AAAR 34th Annual Conference
October 12 - October 16, 2015
Hyatt Regency
Minneapolis, Minnesota, USA
Abstract View
Absorption Enhancement of Cook Stove Soot Coated with SOA: Measurements and Modeling
GEORGES SALIBA, Adam Ahern, Antonios Tasoglou, Rawad Saleh, Eric Lipsky, Ryan Sullivan, Janarjan Bhandari, Claudio Mazzoleni, Allen Robinson, R. Subramanian, Carnegie Mellon University
Abstract Number: 251 Working Group: Carbonaceous Aerosols in the Atmosphere
Abstract Direct radiative forcing by black carbon (BC)-containing aerosols (BCA) is affected by the relative fraction of non-BC material and the morphology of individual particles – collectively referred to as “mixing state”. Uncertainties in absorption properties of atmospherically aged BC particles, due to their mixing state, complicates its quantitative assessment. Some studies show absorption enhancement of coated BC while others suggest a lack of enhancement in ambient aerosols. We conducted BC coating experiments, in a smog chamber, using cook-stove soot coated with secondary organic aerosol from the ozonolysis of alpha-Pinene or from oxidation of primary vapors. Emissions from a range of cook-stoves and fuels were used during the study. A suite of instruments measuring aerosol absorption, size distribution, mass, and black carbon concentrations, were used to characterize fresh and aged cook-stove emissions. TEM/SEM images were collected to explore morphology changes before and after aging of BC fractals. We report a mass absorption cross section (MAC) of fresh cook-stove emissions of 10.14 m$^2.g$^-1 (±1.43) at 405 nm.

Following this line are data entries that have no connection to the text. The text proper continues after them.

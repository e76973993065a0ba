-- ===== src/Timestamp/Order.antt =====
-- The code-unit order of fixed-width timestamps is the order of the times that they name.
use native.Mathlib.Nat.{pow-suc, add-zero}
use tasc.Base.{
  ℕ, zero, suc, ◌+◌, ◌*◌, ◌^◌, ◌-◌, ◌<◌, ◌≡◌, refl, true, List, [], ◌∷◌, Option, none, some, arith,
  ltb, leb,
}
use tasc.Base.Int.{ℤ, pos, is_neg, is_pos}
use tasc.Text.{Text, compare_code_units}
use tasc.Timestamp.{
  ◌>>=◌, Fields, layout, digits, literal, match_groups, match_timestamp, to_fields, stamp,
}

-- `c` compares two strings of which the numbers `v` and `w` have been read, and `rest` compares
-- what is left of them.
abbrev Agrees : ℕ → ℕ → ℤ → ℤ → Type 0
Agrees v w c rest = (v < w → is_neg c ≡ true) × (w < v → is_pos c ≡ true) × (v ≡ w → c ≡ rest)

Agrees-digit :
    (v w : ℕ) (c : ℤ) (x y : ℕ) (a b : Text)
    → leb b'0' x ≡ true
    → leb x b'9' ≡ true
    → leb b'0' y ≡ true
    → leb y b'9' ≡ true
    → Agrees v w c (compare_code_units (x ∷ a) (y ∷ b))
    → Agrees (v * 10 + (x - b'0')) (w * 10 + (y - b'0')) c (compare_code_units a b)
unfolding compare_code_units
Agrees-digit v w c x y a b h1 h2 h3 h4 h = (λ p. ground arith, λ p. ground arith, λ p. ground arith)

digits-suc :
    (n v x : ℕ) (a : Text) {r : ℕ × Text}
    → digits (suc n) v (x ∷ a) ≡ some r
    → (leb b'0' x ≡ true) × (leb x b'9' ≡ true) × (digits n (v * 10 + (x - b'0')) a ≡ some r)
unfolding digits
digits-suc n v x a h = ground arith

Agrees-digits :
    (n v w : ℕ) (c : ℤ) (a b : Text) {v' w' : ℕ} {a' b' : Text}
    → digits n v a ≡ some (v', a')
    → digits n w b ≡ some (w', b')
    → Agrees v w c (compare_code_units a b)
    → Agrees v' w' c (compare_code_units a' b')
unfolding digits
Agrees-digits zero v w c a b p q h = ground arith
Agrees-digits (suc n) v w c [] b p q h = cc
Agrees-digits (suc n) v w c (x ∷ a) [] p q h = cc
Agrees-digits (suc n) v w c (x ∷ a) (y ∷ b) p q h =
    let (x1, x2, p') = digits-suc n v x a p in
    let (y1, y2, q') = digits-suc n w y b q in
    Agrees-digits n _ _ c a b p' q' (Agrees-digit v w c x y a b x1 x2 y1 y2 h)

digits-shift :
    (n base acc : ℕ) (t : Text) {v : ℕ} {r : Text}
    → digits n acc t ≡ some (v, r)
    → digits n (base + acc) t ≡ some (base * 10 ^ n + v, r)
unfolding digits
digits-shift zero base acc t h = ground arith
digits-shift (suc n) base acc [] h = cc
digits-shift (suc n) base acc (c ∷ t) {v} {r} h =
    let (x1, x2, p) = digits-suc n acc c t h in
    let shifted = digits-shift n (base * 10) (acc * 10 + (c - b'0')) t p in
    let regroup : (base + acc) * 10 + (c - b'0') ≡ base * 10 + (acc * 10 + (c - b'0')) =
      omega arith in
    let scaled : base * 10 ^ suc n + v ≡ base * 10 * 10 ^ n + v = rw (pow-suc 10 n) (omega arith) in
    rw (x1, x2, regroup, scaled) shifted

literal-compare :
    (k : ℕ) (a b : Text) {a' b' : Text}
    → literal k a ≡ some a'
    → literal k b ≡ some b'
    → compare_code_units a b ≡ compare_code_units a' b'
unfolding literal compare_code_units
literal-compare k [] b p q = cc
literal-compare k (x ∷ a) [] p q = cc
literal-compare k (x ∷ a) (y ∷ b) p q = ground arith

-- A group and its closing character.
Agrees-group :
    (n k v w : ℕ) (c : ℤ) (a b : Text) {x y : ℕ} {a1 b1 a2 b2 : Text}
    → digits n 0 a ≡ some (x, a1)
    → literal k a1 ≡ some a2
    → digits n 0 b ≡ some (y, b1)
    → literal k b1 ≡ some b2
    → Agrees v w c (compare_code_units a b)
    → Agrees (v * 10 ^ n + x) (w * 10 ^ n + y) c (compare_code_units a2 b2)
Agrees-group n k v w c a b {x} {y} {a1} {b1} {a2} {b2} p p' q q' h =
    rw (← literal-compare k a1 b1 p' q') (
      Agrees-digits n v w c a b (rw add-zero at (digits-shift n v 0 a p))
        (rw add-zero at (digits-shift n w 0 b q)) h)

-- The digits of the groups, as one number.
abbrev pub value : ℕ → List (ℕ × ℕ) → List ℕ → ℕ
value acc [] vs = acc
value acc ((n, k) ∷ groups) [] = acc
value acc ((n, k) ∷ groups) (v ∷ vs) = value (acc * 10 ^ n + v) groups vs

bind_some {ℓ κ} :
    {A : Type ℓ} {B : Type κ} (m : Option A) (f : A → Option B) {b : B}
    → (m >>= f) ≡ some b
    → (a : A) × (m ≡ some a) × (f a ≡ some b)
bind_some none f h = cc
bind_some (some a) f h = (a, refl, h)

-- What a match of one group and of the rest consists of.
match_groups-cons :
    (n k : ℕ) (groups : List (ℕ × ℕ)) (t : Text) {vs : List ℕ}
    → match_groups ((n, k) ∷ groups) t ≡ some vs
    → (v : ℕ) × (t1 t2 : Text) × (ws : List ℕ) × (digits n 0 t ≡ some (v, t1))
      × (literal k t1 ≡ some t2)
      × (match_groups groups t2 ≡ some ws)
      × (vs ≡ v ∷ ws)
unfolding match_groups
match_groups-cons n k groups t h =
    let ((v, t1), p, h1) = bind_some (digits n 0 t) _ h in
    let (t2, q, h2) = bind_some (literal k t1) _ h1 in
    let (ws, r, h3) = bind_some (match_groups groups t2) _ h2 in
    (v, t1, t2, ws, p, q, r, ground arith)

Agrees-match_groups :
    (groups : List (ℕ × ℕ)) (v w : ℕ) (c : ℤ) (a b : Text) {vs ws : List ℕ}
    → match_groups groups a ≡ some vs
    → match_groups groups b ≡ some ws
    → Agrees v w c (compare_code_units a b)
    → Agrees (value v groups vs) (value w groups ws) c (pos 0)
unfolding match_groups compare_code_units
Agrees-match_groups [] v w c [] [] p q h = h
Agrees-match_groups [] v w c [] (y ∷ b) p q h = cc
Agrees-match_groups [] v w c (x ∷ a) b p q h = cc
Agrees-match_groups ((n, k) ∷ groups) v w c a b p q h =
    let (x, a1, a2, xs, pd, pl, pm, pe) = match_groups-cons n k groups a p in
    let (y, b1, b2, ys, qd, ql, qm, qe) = match_groups-cons n k groups b q in
    rw (pe, qe)
      (Agrees-match_groups groups _ _ c a2 b2 pm qm (Agrees-group n k v w c a b pd pl qd ql h))

value-stamp : (vs : List ℕ) {f : Fields} → to_fields vs ≡ some f → value 0 layout vs ≡ stamp f
value-stamp (y ∷ mo ∷ d ∷ h ∷ mi ∷ s ∷ ms ∷ []) e = ground arith
value-stamp _ e = cc

sign_of_Agrees :
    (v w : ℕ) (c : ℤ) → Agrees v w c (pos 0) → (is_neg c ≡ ltb v w) × (is_pos c ≡ ltb w v)
sign_of_Agrees v w c h = (ground arith, ground arith)

-- For two strings of the fixed-width form, the sign of the code-unit comparison is that of the
-- comparison of the times: it is negative exactly when the left time is earlier, and positive
-- exactly when it is later.
pub compare-stamp :
    (a b : Text) (f g : Fields)
    → match_timestamp a ≡ some f
    → match_timestamp b ≡ some g
    → (is_neg (compare_code_units a b) ≡ ltb (stamp f) (stamp g))
      × (is_pos (compare_code_units a b) ≡ ltb (stamp g) (stamp f))
unfolding match_timestamp
compare-stamp a b f g p q =
    let (vs, pm, pf) = bind_some (match_groups layout a) _ p in
    let (ws, qm, qf) = bind_some (match_groups layout b) _ q in
    let agrees =
      Agrees-match_groups layout 0 0 (compare_code_units a b) a b pm qm
        ((λ h. ground arith), (λ h. ground arith), (λ _. refl)) in
    let agrees' : Agrees (stamp f) (stamp g) (compare_code_units a b) (pos 0) =
      rw (← value-stamp vs pf, ← value-stamp ws qf) agrees in
    sign_of_Agrees (stamp f) (stamp g) (compare_code_units a b) agrees'
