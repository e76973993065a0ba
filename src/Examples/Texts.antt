-- ===== src/Examples/Texts.antt =====
-- The theorems on strings and timestamps, at concrete values.
use tasc.Base.{◌≡◌, refl, ◌⊎◌, true, false, some, ltb, ℕ_discrete}
use tasc.Base.Int.{pos, is_neg, is_pos}
use tasc.Text.{Text, codes, compare_code_units}
use tasc.Text.Order.{compare_code_units-order}
use tasc.Timestamp.{Fields, match_timestamp, stamp}
use tasc.Timestamp.Order.{compare-stamp}

abbrev left : Text
left = codes "alpha"

abbrev middle : Text
middle = codes "alphabet"

abbrev right : Text
right = codes "beta"

compare_code_units-order_example :
    (is_neg (compare_code_units left left) ≡ false)
    × (is_neg (compare_code_units left middle) ≡ is_pos (compare_code_units middle left))
    × ((is_neg (compare_code_units left middle) ≡ true)
        ⊎ ((left ≡ middle) ⊎ (is_neg (compare_code_units middle left) ≡ true)))
    × (is_neg (compare_code_units left middle) ≡ true
        → is_neg (compare_code_units middle right) ≡ true
        → is_neg (compare_code_units left right) ≡ true)
    × (compare_code_units left middle ≡ pos 0 → left ≡ middle)
compare_code_units-order_example = compare_code_units-order left middle right

abbrev leap_day : Text
leap_day = codes "2024-02-29T23:59:59.999Z"

abbrev next_day : Text
next_day = codes "2024-03-01T00:00:00.000Z"

abbrev leap_fields : Fields
leap_fields = record {
  year = 2024;
  month = 2;
  day = 29;
  hour = 23;
  minute = 59;
  second = 59;
  millisecond = 999;
}

abbrev next_fields : Fields
next_fields = record {
  year = 2024;
  month = 3;
  day = 1;
  hour = 0;
  minute = 0;
  second = 0;
  millisecond = 0;
}

leap_matches : match_timestamp leap_day ≡ some leap_fields
unfolding match_timestamp ℕ_discrete
leap_matches = refl

next_matches : match_timestamp next_day ≡ some next_fields
unfolding match_timestamp ℕ_discrete
next_matches = refl

compare-stamp_example :
    (is_neg (compare_code_units leap_day next_day) ≡ ltb (stamp leap_fields) (stamp next_fields))
    × (is_pos (compare_code_units leap_day next_day) ≡ ltb (stamp next_fields) (stamp leap_fields))
compare-stamp_example =
    compare-stamp leap_day next_day leap_fields next_fields leap_matches next_matches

Rayleigh-Debye-Gans (RDG) calculations (monomer size of 33.2 ± 5.4 nm) reproduced the measured absorption enhancement. However, Mie theory over-predicted absorption enhancement for non-BC to BC ratios less than 10. Mie theory reproduced the data at higher ratios, suggesting substantial collapse of BC particles with heavy coatings.